## Source data:

-- ===== src/Reboot/Commands/Samples.antt =====
-- The drain of a node whose eviction fails.
use cke.Prelude.{◌≡◌, refl, true, false, [], ◌∷◌, some}
use cke.Samples.{no_reboot}
use cke.Reboot.{RebootQueueEntry, queued, draining, rebooting}
use cke.Reboot.BackOff.{drain_back_off, back_off_entry, back_off_expire}
use cke.Reboot.Commands.{Answers, done, draining_entry, drain_start, reboot_all}
use cke.Reboot.Commands.Drain.{retreated_entry, drain_start_lem}

abbrev entry : RebootQueueEntry
entry = record {
  index = 2;
  node = "10.0.0.4";
  status = queued;
  last_transition_time = 0;
  drain_backoff_count = 0;
  drain_backoff_expire = 0;
}

abbrev answers : Answers
answers = record {
  stores = λ _. true;
  deletes = λ _. true;
  stored = λ e. some e;
  kube_client = true;
  protected_namespaces = true;
  cordons = λ _. true;
  eviction_dry_run = λ _. true;
  evicts = λ _. false;
  deletes_daemon_set_pods = λ _. true;
  runs = λ _ _ _. true;
  interrupted = λ _ _. false;
  random = λ _. 7;
  now = 61_000_000_000;
  later = 62_000_000_000;
}

drain_start_example : drain_start no_reboot answers (entry ∷ []) ≡ record done {
  written = draining_entry no_reboot answers entry ∷ retreated_entry no_reboot answers entry ∷ [];
  failed = "10.0.0.4" ∷ [];
}
drain_start_example =
    drain_start_lem no_reboot answers entry (draining_entry no_reboot answers entry) refl refl
      (λ _. refl) refl refl

retreat_run : drain_start no_reboot answers (entry ∷ []) ≡ record done {
  written =
      record entry { status = draining; last_transition_time = 61_000_000_000 }
      ∷ record entry {
        last_transition_time = 62_000_000_000;
        drain_backoff_count = 1;
        drain_backoff_expire = 369_000_000_000;
      }
      ∷ [];
  failed = "10.0.0.4" ∷ [];
}
unfolding drain_start drain_back_off back_off_entry back_off_expire
retreat_run = refl

boot_run : reboot_all no_reboot answers (entry ∷ []) ≡ record done {
  written = record entry { status = rebooting; last_transition_time = 61_000_000_000 } ∷ [];
}
unfolding reboot_all
boot_run = refl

## What you will do:
In the lines above, locate the string "status". Copy every line where it occurs.

## Solution to the exercise:
  status = queued;
      record entry { status = draining; last_transition_time = 61_000_000_000 }
  written = record entry { status = rebooting; last_transition_time = 61_000_000_000 } ∷ [];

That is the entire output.